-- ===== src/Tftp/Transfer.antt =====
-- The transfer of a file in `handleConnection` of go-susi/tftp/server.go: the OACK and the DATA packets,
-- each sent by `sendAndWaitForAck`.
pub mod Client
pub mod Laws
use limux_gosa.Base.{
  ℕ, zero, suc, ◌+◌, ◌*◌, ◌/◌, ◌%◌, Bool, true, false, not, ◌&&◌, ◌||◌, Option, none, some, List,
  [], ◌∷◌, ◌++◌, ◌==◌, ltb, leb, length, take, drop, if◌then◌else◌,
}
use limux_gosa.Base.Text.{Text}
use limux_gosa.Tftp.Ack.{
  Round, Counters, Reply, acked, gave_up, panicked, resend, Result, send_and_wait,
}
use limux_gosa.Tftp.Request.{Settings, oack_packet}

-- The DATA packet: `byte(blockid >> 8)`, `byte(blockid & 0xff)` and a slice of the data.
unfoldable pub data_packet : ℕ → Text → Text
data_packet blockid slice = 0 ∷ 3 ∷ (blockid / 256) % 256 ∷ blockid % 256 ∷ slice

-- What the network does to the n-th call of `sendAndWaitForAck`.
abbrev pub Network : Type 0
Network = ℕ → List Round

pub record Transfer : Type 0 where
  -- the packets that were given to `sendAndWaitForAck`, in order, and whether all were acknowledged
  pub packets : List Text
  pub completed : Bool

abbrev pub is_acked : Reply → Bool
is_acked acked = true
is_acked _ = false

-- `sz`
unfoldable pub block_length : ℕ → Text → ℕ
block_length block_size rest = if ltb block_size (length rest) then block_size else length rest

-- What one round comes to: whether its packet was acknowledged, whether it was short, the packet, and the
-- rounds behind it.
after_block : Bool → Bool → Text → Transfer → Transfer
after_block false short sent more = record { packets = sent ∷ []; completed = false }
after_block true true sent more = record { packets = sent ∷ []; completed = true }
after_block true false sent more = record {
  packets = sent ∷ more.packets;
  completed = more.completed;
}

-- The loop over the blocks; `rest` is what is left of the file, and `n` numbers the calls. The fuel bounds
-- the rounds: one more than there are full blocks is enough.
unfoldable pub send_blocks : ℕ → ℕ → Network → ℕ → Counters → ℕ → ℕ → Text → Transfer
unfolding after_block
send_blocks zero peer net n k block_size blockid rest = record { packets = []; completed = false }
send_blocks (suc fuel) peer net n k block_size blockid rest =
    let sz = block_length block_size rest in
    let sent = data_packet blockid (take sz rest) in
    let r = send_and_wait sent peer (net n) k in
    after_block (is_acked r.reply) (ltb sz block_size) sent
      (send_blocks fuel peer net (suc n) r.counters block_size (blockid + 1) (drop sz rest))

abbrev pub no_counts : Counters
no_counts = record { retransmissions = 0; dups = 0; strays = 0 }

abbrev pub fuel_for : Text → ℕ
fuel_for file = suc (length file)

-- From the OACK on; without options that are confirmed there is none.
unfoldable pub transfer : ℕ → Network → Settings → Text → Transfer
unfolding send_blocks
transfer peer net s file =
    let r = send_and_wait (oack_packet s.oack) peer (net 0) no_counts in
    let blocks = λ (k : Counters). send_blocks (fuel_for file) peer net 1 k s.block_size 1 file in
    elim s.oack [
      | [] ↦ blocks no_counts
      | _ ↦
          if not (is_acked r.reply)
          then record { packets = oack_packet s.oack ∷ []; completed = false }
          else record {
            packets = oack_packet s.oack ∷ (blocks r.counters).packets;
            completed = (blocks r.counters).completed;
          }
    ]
*-*-*
# TASK REQUIREMENTS
Restate word for word the entries above, starting at the line with "after_block false short" and ending at the line with "let r = send_and_wait sent", inclusive, and no others.

# RESPONSE TO THE TASK
after_block false short sent more = record { packets = sent ∷ []; completed = false }
after_block true true sent more = record { packets = sent ∷ []; completed = true }
after_block true false sent more = record {
  packets = sent ∷ more.packets;
  completed = more.completed;
}

-- The loop over the blocks; `rest` is what is left of the file, and `n` numbers the calls. The fuel bounds
-- the rounds: one more than there are full blocks is enough.
unfoldable pub send_blocks : ℕ → ℕ → Network → ℕ → Counters → ℕ → ℕ → Text → Transfer
unfolding after_block
send_blocks zero peer net n k block_size blockid rest = record { packets = []; completed = false }
send_blocks (suc fuel) peer net n k block_size blockid rest =
    let sz = block_length block_size rest in
    let sent = data_packet blockid (take sz rest) in
    let r = send_and_wait sent peer (net n) k in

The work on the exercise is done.